Here's a pic of all I have left, I order'd a 4' piece of 1-1/4" and 4' piece of 1" repair conduit a few years ago and I am down to a just a small piece. I was never happy with how big the gap was between the OD of the broken piece and the ID of the repair piece.


----------



## Magnettica (Jan 23, 2007)

And this stuff is rated for underground use? 

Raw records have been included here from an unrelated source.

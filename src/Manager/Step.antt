-- ===== src/Manager/Step.antt =====
-- The calls that one connection's events make on the registry, as a step relation, and what every
-- sequence of them keeps.
use null_key.Base.{ℕ, Option}
use null_key.Value.{Value}
use null_key.Config.{Config}
use null_key.Net.{Net, Frame}
use null_key.Manager.{
  RoomManager, add_room, add_client_to_room, remove_client_from_room, broadcast_to_room,
  bind_invite_token, add_invite_token,
}
use null_key.Manager.Invariant.{
  IsManager, add_room-IsManager, add_client_to_room-IsManager, remove_client_from_room-IsManager,
  broadcast_to_room-IsManager, bind_invite_token-IsManager, add_invite_token-IsManager,
}
use null_key.Manager.Tokens.{
  KeepsOwners, KeepsOwners-bind, KeepsOwners-add_invite_token, KeepsOwners-add_room,
  KeepsOwners-of_tokens, add_client_to_room_tokens, remove_client_from_room_tokens,
  broadcast_to_room_tokens,
}

-- A method called on behalf of the connection `ws`: it adds and removes that client only, and adds
-- it only to rooms that meet `J`.
pub data Step (cfg : Config) (ws : ℕ) (J : Value → Type 0) (m : RoomManager)
    : RoomManager → Type 0 where
  adds_room : (now : ℕ) (id token : Value) → Step cfg ws J m (add_room cfg now id token m).0
  adds_client : (now : ℕ) (id : Value) → J id → Step cfg ws J m (add_client_to_room now id ws m).0
  removes_client : (now : ℕ) (id : Value) → Step cfg ws J m (remove_client_from_room now id ws m).0
  broadcasts :
      (now : ℕ) (id : Value) (f : Frame) (sender : Option ℕ) (n : Net)
      → Step cfg ws J m (broadcast_to_room now id f sender (m, n)).0
  binds :
      (id token fingerprint : Value) → Step cfg ws J m (bind_invite_token id token fingerprint m).0
  adds_token : (id token : Value) → Step cfg ws J m (add_invite_token id token m).0

pub data Steps (cfg : Config) (ws : ℕ) (J : Value → Type 0) (m : RoomManager)
    : RoomManager → Type 0 where
  here : Steps cfg ws J m m
  next : {k l : RoomManager} → Steps cfg ws J m k → Step cfg ws J k l → Steps cfg ws J m l

pub Steps-trans :
    {cfg : Config} {ws : ℕ} {J : Value → Type 0} {a b c : RoomManager}
    → Steps cfg ws J a b
    → Steps cfg ws J b c
    → Steps cfg ws J a c
Steps-trans p here = p
Steps-trans p (next q s) = next (Steps-trans p q) s

Step-IsManager :
    {cfg : Config} {ws : ℕ} {J : Value → Type 0} {m k : RoomManager}
    → Step cfg ws J m k
    → IsManager m
    → IsManager k
Step-IsManager {cfg} {ws} {m} (adds_room now id token) v = add_room-IsManager cfg now id token m v
Step-IsManager {cfg} {ws} {m} (adds_client now id j) v = add_client_to_room-IsManager now ws id m v
Step-IsManager {cfg} {ws} {m} (removes_client now id) v =
    remove_client_from_room-IsManager now ws id m v
Step-IsManager {cfg} {ws} {m} (broadcasts now id f sender n) v =
    broadcast_to_room-IsManager now id f sender m n v
Step-IsManager {cfg} {ws} {m} (binds id token f) v = bind_invite_token-IsManager id token f m v
Step-IsManager {cfg} {ws} {m} (adds_token id token) v = add_invite_token-IsManager id token m v

pub Steps-IsManager :
    {cfg : Config} {ws : ℕ} {J : Value → Type 0} {m k : RoomManager}
    → Steps cfg ws J m k
    → IsManager m
    → IsManager k
Steps-IsManager here v = v
Steps-IsManager (next p s) v = Step-IsManager s (Steps-IsManager p v)

Step-KeepsOwners :
    {cfg : Config} {ws : ℕ} {J : Value → Type 0} {m k : RoomManager}
    → Step cfg ws J m k
    → IsManager m
    → KeepsOwners m k
Step-KeepsOwners {cfg} {ws} {m} (adds_room now id token) v =
    KeepsOwners-add_room cfg now id token m v
Step-KeepsOwners {cfg} {ws} {m} (adds_client now id j) v =
    KeepsOwners-of_tokens m _ (add_client_to_room_tokens now ws id m)
Step-KeepsOwners {cfg} {ws} {m} (removes_client now id) v =
    KeepsOwners-of_tokens m _ (remove_client_from_room_tokens now ws id m)
Step-KeepsOwners {cfg} {ws} {m} (broadcasts now id f sender n) v =
    KeepsOwners-of_tokens m _ (broadcast_to_room_tokens now id f sender m n)
Step-KeepsOwners {cfg} {ws} {m} (binds id token f) v = KeepsOwners-bind id token f m
Step-KeepsOwners {cfg} {ws} {m} (adds_token id token) v = KeepsOwners-add_invite_token id token m

pub Steps-KeepsOwners :
    {cfg : Config} {ws : ℕ} {J : Value → Type 0} {m k : RoomManager}
    → Steps cfg ws J m k
    → IsManager m
    → KeepsOwners m k
Steps-KeepsOwners here v j t b h u = h
Steps-KeepsOwners (next p s) v j t b h u =
    Step-KeepsOwners s (Steps-IsManager p v) j t b (Steps-KeepsOwners p v j t b h u) u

I have a swimming pool wiring catastrophe coming up and soon as the snow melts and this material would be perfect if it's rated for underground use.


----------



## Bkessler (Feb 14, 2007)

Yup.....


----------



## RePhase277 (Feb 5, 2008)

That repair stuff looks less effective than splitting the next sized conduit down the middle and gluing it on and tightening on some hose clamps... I know it isn't listed...

jus' sayin'.


----------



## Chris Kennedy (Nov 19, 2007)




----------



## Magnettica (Jan 23, 2007)

That looks tasty!


----------



## Mr. Sparkle (Jan 27, 2009)

InPhase277 said:


> That repair stuff looks less effective than splitting the next sized conduit down the middle and gluing it on and tightening on some hose clamps... I know it isn't listed...
> 
> jus' sayin'.


I've done it plenty of times, I've use solar seal or a similar product to adhere the split piece to the broken one prior to clamping it down as well, it works great.


----------



## Bkessler (Feb 14, 2007)

InPhase277 said:


> That repair stuff looks less effective than splitting the next sized conduit down the middle and gluing it on and tightening on some hose clamps... I know it isn't listed...
> 
> jus' sayin'.


All I can say is that I was not impressed by the stuff but....it did pass an inspection when some turd wrestlers broke a couple conduits in a restaurant remodel I did a few years ago. They broke the pipes adding in waste lines for a new bathroom.


----------



## SparkYZ (Jan 20, 2010)

Bkessler said:


> All I can say is that I was not impressed by the stuff but....it did pass an inspection when some turd wrestlers broke a couple conduits in a restaurant remodel I did a few years ago. They broke the pipes adding in waste lines for a new bathroom.


I call 'em turd herders.

And I have the same black Rubbermaid cart you have in your truck.


----------



## Southeast Power (Jan 18, 2009)

Bkessler said:


> Here's a pic of all I have left, I order'd a 4' piece of 1-1/4" and 4' piece of 1" repair conduit a few years ago and I am down to a just a small piece. I was never happy with how big the gap was between the OD of the broken piece and the ID of the repair piece.


You have to buy the split transition coupling too


----------